Clifford Donald Simak was born on August 3, 1904, in Wisconsin. He died in Minnesota on April 25, 1988. That’s thirty-three years ago as of this Sunday.

While the passage of a third of a century has dimmed his star somewhat, in his time he was well known. My local paper noted Simak’s passing, even though the Waterloo Region Record was not notably interested in matters science fictional nor in events Minnesotan. Among his notable characteristics: a humanism unusual for the science fiction of the time. Others might set human and alien against each other in total war. Simak was just as likely to have them share a porch as they watched a particularly beautiful sunset.

Unfamiliar with Simak? Here are five of his works you could sample.

 

“The Big Front Yard” (1958)

In this quintessential Simak tale, rustic handy man/antique salesman Hiram Taine is startled to learn that his store basement has a new ceiling. It’s a fine ceiling, made from some indestructible material, but Taine didn’t install it. The mysteries don’t stop with the ceiling. A formerly black-and-white television has somehow become colour. Hiram’s front yard somehow opens on a completely unfamiliar vista.

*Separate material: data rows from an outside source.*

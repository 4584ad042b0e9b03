-- ===== src/CrossDomain.antt =====
-- src/cloudnative_threatguard/correlation/cross_domain: events of the cloud and of the cluster in one
-- schema, their correlation over identity bindings, the scoring of the clusters, and the incidents.
pub mod Event
pub mod Mapping
pub mod Engine
pub mod Risk
pub mod Incident
pub mod Adapters
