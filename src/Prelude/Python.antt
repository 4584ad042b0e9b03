-- ===== src/Prelude/Python.antt =====
-- Operations of Python on the values that `json.loads` returns, which raise on values of another type.
use Prim.Native.Char.{code}
use Prim.Native.String.{String}
use mathlib.Core.Bool.{Bool, false, ◌&&◌, ◌||◌}
use mathlib.Core.Path.{◌≡◌, refl}
use Prim.Native.Nat.{ℕ}
use text.Mathlib.Text.{◌==◌}
use cloud_native_threat_guar.Prelude.Tests.{leb, eqb, if◌then◌else◌}
use cloud_native_threat_guar.Prelude.Text.{contains, last_part}
use cloud_native_threat_guar.Prelude.Json.{
  Json, str, arr, obj, Items, nil, cons, Fields, find_field, field_or, is_some_json,
}
use cloud_native_threat_guar.Prelude.Result.{Result, ok, err}

pub data PyError : Type 0 where
  attribute_error type_error value_error : PyError

-- `v.get(key, default)`: only a dict has the method.
unfoldable pub get_of : Json → String → Json → Result PyError Json
get_of (obj fs) key default = ok (field_or fs key default)
get_of _ key default = err attribute_error

abbrev pub has_key : Fields → String → Bool
has_key fs key = is_some_json (find_field fs key)

-- `v == text`
abbrev pub equals_text : Json → String → Bool
equals_text (str s) t = s == t
equals_text _ t = false

unfoldable pub item_in : String → Items → Bool
item_in t nil = false
item_in t (cons v vs) = equals_text v t || item_in t vs

-- `text in v`
unfoldable pub text_in : String → Json → Result PyError Bool
unfolding item_in
text_in t (str s) = ok (contains s t)
text_in t (arr vs) = ok (item_in t vs)
text_in t (obj fs) = ok (has_key fs t)
text_in t _ = err type_error

-- `os.path.basename(v)`
unfoldable pub basename : Json → Result PyError String
unfolding last_part
basename (str s) = ok (last_part 47 s)
basename _ = err type_error

-- What `str.strip` takes for a space.
abbrev is_space : ℕ → Bool
is_space c =
    (leb 9 c && leb c 13)
    || (leb 28 c && leb c 32)
    || eqb c 133
    || eqb c 160
    || eqb c 5760
    || (leb 8192 c && leb c 8202)
    || eqb c 8232
    || eqb c 8233
    || eqb c 8239
    || eqb c 8287
    || eqb c 12288

unfoldable pub strip_left : String → String
strip_left String.[] = String.[]
strip_left (String.◌∷◌ c s) =
    let rest = strip_left s in if is_space (code c) then rest else String.◌∷◌ c s

abbrev add_front : Prim.Native.Char.Char → String → String
add_front c String.[] = if is_space (code c) then String.[] else String.◌∷◌ c String.[]
add_front c (String.◌∷◌ d s) = String.◌∷◌ c (String.◌∷◌ d s)

unfoldable pub strip_right : String → String
strip_right String.[] = String.[]
strip_right (String.◌∷◌ c s) = add_front c (strip_right s)

-- `s.strip()`
unfoldable pub strip : String → String
unfolding strip_left strip_right
strip s = strip_right (strip_left s)

strip_samples : (strip "  /bin/sh -c " ≡ "/bin/sh -c") × (strip " " ≡ "")
unfolding strip
strip_samples = (refl, refl)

The explanation is straightforward but unexpected: aliens have opened a dimensional gate in front of Hiram’s home. The renovation and the repairs were their initial, inarticulate attempts at first contact. Other men might be horrified by this intrusion of the Other into their lives. Hiram sees people who could be customers and even friends.

 

Time Is the Simplest Thing (1961)

Having learned the hard way that frail human bodies cannot withstand the rigors of interstellar travel, humanity turned to psychic exploration. Where physical exploration fails, psychic exploration succeeds. Casting astral projections to the stars, paranormals—“parries” in the vernacular—like Shepherd Blaine bring home the Milky Way’s wealth…at least, the riches that can be conveyed by a human mind. A bitterly disappointing result for most humans, but a source of great wealth for the Fishhook Corporation, which controls astral exploration.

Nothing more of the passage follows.